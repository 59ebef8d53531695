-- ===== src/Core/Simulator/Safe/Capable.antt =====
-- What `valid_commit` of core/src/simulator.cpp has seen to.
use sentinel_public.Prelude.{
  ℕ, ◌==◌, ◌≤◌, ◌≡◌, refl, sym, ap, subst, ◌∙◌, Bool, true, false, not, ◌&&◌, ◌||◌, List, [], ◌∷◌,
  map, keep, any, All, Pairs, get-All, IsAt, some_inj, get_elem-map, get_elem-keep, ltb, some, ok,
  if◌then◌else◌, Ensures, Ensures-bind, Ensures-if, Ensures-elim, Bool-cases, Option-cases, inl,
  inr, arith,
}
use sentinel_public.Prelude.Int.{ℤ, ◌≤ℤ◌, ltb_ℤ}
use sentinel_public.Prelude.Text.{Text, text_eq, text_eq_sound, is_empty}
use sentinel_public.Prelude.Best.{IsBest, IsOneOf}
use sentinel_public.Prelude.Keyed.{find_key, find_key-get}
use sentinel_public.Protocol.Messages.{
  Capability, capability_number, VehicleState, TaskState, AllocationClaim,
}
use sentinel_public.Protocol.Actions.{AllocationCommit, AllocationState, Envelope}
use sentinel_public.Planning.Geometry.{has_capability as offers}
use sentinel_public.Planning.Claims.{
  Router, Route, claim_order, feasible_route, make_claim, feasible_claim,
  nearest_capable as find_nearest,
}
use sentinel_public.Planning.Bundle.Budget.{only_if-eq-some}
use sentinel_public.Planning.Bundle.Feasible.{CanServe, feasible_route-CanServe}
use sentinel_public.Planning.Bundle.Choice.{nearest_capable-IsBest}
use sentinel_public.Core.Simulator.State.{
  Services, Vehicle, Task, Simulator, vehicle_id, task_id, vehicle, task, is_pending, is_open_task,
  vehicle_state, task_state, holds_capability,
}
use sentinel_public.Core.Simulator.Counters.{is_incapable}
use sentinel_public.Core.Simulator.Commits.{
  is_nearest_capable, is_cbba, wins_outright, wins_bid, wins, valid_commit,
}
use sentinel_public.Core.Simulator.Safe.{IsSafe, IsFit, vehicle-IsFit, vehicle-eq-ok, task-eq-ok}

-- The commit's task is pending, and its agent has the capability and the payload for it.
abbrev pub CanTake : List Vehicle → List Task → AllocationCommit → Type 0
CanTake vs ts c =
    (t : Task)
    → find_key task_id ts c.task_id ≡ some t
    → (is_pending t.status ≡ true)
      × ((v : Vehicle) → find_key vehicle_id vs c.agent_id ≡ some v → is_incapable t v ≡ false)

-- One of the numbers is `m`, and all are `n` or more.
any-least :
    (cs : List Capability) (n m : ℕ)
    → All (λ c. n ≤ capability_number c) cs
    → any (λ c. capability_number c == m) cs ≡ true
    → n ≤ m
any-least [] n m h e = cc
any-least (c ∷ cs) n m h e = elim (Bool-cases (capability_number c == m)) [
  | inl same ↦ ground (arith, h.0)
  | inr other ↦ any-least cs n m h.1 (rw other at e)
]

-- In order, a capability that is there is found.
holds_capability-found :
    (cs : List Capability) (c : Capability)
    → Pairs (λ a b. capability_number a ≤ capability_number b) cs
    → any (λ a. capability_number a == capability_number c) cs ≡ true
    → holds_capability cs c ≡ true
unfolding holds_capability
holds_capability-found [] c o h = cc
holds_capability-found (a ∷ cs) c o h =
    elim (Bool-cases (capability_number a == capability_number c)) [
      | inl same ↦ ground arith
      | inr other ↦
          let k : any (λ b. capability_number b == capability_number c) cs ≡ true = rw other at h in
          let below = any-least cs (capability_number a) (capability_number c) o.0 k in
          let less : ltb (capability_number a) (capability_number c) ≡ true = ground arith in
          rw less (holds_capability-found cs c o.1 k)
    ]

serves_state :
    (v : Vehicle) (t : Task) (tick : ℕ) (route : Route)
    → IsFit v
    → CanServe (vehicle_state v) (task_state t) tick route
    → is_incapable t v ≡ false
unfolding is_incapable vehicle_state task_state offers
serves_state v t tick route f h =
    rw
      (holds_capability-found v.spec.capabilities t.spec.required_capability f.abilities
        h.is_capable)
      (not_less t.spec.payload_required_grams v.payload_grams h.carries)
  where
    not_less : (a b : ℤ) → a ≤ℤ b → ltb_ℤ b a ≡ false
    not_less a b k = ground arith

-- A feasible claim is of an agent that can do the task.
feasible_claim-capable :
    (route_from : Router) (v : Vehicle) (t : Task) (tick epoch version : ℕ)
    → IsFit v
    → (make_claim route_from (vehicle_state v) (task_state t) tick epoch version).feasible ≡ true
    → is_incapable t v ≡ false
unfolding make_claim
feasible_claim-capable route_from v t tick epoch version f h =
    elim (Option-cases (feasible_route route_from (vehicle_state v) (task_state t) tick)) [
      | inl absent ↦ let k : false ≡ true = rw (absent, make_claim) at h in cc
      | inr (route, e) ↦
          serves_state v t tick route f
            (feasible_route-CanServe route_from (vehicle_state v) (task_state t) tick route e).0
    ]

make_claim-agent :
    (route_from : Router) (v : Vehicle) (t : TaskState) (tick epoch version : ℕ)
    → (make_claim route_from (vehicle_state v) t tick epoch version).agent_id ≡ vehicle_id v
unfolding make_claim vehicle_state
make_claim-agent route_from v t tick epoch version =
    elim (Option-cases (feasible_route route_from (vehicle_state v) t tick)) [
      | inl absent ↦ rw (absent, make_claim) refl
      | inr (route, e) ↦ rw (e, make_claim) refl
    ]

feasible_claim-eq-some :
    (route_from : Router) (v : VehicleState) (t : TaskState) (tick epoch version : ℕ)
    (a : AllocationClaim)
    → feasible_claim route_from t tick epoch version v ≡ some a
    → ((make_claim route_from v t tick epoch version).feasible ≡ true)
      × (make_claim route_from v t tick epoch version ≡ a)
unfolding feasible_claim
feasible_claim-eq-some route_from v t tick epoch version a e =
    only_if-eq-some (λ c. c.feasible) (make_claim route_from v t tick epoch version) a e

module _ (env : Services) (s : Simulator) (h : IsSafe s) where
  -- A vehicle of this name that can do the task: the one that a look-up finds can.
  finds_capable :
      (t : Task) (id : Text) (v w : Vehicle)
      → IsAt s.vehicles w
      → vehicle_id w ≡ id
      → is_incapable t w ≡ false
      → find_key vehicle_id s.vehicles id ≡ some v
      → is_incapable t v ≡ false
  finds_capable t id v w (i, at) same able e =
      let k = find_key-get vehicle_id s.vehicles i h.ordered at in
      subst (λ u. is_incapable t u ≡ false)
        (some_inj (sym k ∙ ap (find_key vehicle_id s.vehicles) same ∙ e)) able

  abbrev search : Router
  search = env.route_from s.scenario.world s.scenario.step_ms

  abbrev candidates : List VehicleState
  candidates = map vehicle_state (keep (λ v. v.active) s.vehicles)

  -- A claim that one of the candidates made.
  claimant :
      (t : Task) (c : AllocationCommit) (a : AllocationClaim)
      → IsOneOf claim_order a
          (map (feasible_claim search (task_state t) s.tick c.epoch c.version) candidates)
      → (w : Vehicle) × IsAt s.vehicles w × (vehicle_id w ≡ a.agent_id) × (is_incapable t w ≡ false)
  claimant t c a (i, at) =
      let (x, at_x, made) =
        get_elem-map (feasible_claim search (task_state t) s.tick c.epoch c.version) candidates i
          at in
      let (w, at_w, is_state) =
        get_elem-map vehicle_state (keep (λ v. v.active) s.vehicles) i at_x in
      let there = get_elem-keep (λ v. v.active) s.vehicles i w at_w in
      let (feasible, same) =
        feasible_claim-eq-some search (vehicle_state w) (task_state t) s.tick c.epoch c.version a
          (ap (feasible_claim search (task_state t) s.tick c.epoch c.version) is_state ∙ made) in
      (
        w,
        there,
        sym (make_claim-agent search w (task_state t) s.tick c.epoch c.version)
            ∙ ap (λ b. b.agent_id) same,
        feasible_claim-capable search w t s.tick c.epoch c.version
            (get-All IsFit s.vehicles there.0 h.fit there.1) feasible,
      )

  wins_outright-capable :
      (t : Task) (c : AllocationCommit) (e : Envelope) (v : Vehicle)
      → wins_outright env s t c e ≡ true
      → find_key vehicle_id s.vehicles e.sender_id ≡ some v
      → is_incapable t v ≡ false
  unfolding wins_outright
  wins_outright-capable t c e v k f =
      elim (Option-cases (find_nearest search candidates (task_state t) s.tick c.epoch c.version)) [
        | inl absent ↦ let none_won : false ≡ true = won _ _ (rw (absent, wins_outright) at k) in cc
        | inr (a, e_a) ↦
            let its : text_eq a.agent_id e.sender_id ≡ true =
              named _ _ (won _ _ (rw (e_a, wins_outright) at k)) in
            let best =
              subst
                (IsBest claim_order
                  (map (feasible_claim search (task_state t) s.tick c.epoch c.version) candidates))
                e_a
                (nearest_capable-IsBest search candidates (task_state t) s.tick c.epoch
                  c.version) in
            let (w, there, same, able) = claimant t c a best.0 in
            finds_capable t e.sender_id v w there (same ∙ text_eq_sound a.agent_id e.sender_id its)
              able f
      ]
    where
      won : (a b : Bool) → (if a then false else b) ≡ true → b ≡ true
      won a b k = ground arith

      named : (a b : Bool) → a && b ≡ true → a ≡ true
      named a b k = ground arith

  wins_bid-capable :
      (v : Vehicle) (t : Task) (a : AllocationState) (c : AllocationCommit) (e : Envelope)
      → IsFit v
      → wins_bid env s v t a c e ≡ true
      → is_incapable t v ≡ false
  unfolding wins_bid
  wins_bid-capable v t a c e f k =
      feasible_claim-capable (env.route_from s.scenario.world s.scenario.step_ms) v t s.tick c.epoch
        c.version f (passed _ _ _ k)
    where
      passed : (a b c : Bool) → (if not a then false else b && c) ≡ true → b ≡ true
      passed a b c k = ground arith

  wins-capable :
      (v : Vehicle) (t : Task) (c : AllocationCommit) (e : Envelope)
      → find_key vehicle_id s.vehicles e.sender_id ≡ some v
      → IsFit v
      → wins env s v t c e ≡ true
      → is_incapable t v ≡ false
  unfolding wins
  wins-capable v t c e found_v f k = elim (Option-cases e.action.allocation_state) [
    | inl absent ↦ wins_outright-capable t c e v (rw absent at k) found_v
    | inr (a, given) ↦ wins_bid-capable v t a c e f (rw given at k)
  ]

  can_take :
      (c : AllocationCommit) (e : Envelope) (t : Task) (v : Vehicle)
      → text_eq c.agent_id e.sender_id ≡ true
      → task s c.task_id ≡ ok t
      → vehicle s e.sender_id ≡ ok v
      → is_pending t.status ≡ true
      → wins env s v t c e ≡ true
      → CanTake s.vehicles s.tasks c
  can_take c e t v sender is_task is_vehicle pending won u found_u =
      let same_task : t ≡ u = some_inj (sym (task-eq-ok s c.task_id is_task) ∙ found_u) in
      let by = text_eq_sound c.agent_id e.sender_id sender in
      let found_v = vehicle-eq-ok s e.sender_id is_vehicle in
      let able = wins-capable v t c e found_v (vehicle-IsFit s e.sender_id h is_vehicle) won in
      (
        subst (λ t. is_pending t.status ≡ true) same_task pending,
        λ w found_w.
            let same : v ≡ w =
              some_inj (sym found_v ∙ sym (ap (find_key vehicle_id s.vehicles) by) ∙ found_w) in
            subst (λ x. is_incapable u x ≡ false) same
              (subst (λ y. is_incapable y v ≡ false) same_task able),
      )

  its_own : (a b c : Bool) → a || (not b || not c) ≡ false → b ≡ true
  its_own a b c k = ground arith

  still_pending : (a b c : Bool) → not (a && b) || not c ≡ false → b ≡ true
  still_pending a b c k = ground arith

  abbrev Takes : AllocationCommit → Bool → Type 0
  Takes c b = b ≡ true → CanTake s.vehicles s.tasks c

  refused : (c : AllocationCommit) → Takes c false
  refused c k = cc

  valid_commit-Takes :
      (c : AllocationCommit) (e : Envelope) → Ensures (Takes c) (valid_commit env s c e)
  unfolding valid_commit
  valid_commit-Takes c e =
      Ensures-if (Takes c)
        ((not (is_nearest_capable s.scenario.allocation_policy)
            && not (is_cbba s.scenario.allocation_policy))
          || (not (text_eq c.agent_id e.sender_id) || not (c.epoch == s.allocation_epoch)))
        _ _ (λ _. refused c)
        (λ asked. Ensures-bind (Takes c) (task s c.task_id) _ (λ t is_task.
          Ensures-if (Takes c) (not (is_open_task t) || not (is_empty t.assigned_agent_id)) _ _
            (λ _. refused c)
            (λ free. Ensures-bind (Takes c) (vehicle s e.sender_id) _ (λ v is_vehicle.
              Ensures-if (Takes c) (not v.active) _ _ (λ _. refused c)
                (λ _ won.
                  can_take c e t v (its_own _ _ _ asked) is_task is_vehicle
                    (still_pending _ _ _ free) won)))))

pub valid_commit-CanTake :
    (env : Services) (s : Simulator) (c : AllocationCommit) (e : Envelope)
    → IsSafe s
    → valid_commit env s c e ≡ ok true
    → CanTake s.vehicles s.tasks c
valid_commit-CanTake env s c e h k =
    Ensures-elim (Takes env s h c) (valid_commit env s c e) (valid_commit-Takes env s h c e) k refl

—————

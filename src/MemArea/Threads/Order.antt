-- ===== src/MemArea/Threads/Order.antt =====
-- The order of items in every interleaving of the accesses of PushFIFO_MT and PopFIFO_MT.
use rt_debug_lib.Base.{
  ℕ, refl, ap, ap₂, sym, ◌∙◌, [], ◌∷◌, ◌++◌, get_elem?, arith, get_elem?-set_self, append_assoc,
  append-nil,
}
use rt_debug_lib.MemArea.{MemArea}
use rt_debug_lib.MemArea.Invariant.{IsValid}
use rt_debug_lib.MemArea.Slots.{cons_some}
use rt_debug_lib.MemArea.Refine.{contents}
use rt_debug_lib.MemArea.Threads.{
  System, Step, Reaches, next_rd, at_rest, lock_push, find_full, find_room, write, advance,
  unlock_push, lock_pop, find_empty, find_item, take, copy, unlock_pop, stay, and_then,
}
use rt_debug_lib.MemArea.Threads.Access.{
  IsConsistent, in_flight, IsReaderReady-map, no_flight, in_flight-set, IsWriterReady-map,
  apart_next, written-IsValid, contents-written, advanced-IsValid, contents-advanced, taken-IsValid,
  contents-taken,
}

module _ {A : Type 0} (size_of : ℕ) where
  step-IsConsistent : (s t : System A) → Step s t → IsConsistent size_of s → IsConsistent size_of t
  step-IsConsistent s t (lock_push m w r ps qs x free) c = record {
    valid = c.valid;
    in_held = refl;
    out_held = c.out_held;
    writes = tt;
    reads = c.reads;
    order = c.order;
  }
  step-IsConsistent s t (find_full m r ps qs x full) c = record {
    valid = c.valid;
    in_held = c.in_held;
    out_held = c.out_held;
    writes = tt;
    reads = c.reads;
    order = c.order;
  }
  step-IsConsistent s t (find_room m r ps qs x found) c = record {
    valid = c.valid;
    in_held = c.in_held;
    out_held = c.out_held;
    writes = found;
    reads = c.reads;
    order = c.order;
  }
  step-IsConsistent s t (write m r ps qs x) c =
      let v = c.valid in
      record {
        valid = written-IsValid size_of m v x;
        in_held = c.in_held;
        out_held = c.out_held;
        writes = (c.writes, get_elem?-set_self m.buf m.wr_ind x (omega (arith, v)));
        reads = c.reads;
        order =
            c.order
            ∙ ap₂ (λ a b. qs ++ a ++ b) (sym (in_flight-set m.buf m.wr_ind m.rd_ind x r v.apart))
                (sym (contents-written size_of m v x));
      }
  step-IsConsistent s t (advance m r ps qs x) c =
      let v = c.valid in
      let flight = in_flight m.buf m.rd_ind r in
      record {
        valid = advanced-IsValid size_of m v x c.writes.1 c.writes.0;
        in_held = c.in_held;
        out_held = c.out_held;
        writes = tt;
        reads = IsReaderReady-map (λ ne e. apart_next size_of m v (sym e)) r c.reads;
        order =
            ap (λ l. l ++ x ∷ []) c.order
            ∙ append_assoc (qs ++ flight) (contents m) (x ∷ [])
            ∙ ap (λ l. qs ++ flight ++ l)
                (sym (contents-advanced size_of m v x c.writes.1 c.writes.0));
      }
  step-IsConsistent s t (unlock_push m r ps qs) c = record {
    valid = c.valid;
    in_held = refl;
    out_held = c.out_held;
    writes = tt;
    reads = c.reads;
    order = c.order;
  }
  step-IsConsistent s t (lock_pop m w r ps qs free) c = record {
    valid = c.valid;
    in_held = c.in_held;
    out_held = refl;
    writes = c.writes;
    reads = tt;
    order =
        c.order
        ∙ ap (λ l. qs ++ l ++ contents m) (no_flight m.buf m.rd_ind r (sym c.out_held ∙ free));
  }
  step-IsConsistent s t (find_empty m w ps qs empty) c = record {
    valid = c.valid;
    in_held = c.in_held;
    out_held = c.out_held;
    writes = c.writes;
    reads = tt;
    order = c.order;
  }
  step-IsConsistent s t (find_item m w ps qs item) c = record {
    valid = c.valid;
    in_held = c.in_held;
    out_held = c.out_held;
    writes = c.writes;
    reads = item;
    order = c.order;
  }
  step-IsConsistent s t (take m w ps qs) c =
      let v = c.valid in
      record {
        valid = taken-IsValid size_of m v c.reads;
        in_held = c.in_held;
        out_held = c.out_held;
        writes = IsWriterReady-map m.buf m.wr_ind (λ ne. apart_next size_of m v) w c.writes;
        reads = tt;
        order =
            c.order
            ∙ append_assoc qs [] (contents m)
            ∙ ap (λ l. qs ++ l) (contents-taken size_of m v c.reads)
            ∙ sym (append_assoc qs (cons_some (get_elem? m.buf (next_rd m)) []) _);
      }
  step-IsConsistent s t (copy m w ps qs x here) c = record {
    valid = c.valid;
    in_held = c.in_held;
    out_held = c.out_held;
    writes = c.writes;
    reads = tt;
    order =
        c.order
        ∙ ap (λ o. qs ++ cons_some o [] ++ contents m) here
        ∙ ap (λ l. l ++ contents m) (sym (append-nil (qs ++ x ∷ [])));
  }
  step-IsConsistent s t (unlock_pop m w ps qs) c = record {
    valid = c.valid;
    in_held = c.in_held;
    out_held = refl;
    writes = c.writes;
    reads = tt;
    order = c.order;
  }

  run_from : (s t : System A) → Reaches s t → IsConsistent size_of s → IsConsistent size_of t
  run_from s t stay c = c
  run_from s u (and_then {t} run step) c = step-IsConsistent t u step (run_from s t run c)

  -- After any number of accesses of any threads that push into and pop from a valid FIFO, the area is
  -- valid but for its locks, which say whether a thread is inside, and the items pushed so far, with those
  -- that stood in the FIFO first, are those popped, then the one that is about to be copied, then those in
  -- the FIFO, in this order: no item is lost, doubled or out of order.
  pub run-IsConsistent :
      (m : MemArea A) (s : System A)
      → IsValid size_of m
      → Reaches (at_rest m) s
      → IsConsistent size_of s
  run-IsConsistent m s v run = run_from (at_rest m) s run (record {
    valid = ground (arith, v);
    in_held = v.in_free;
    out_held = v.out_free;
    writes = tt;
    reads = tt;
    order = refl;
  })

—————

[Try it]: Only a number is wanted here: how many lines of the records above include the string "IsAt"?

[Response for this exercise]: 3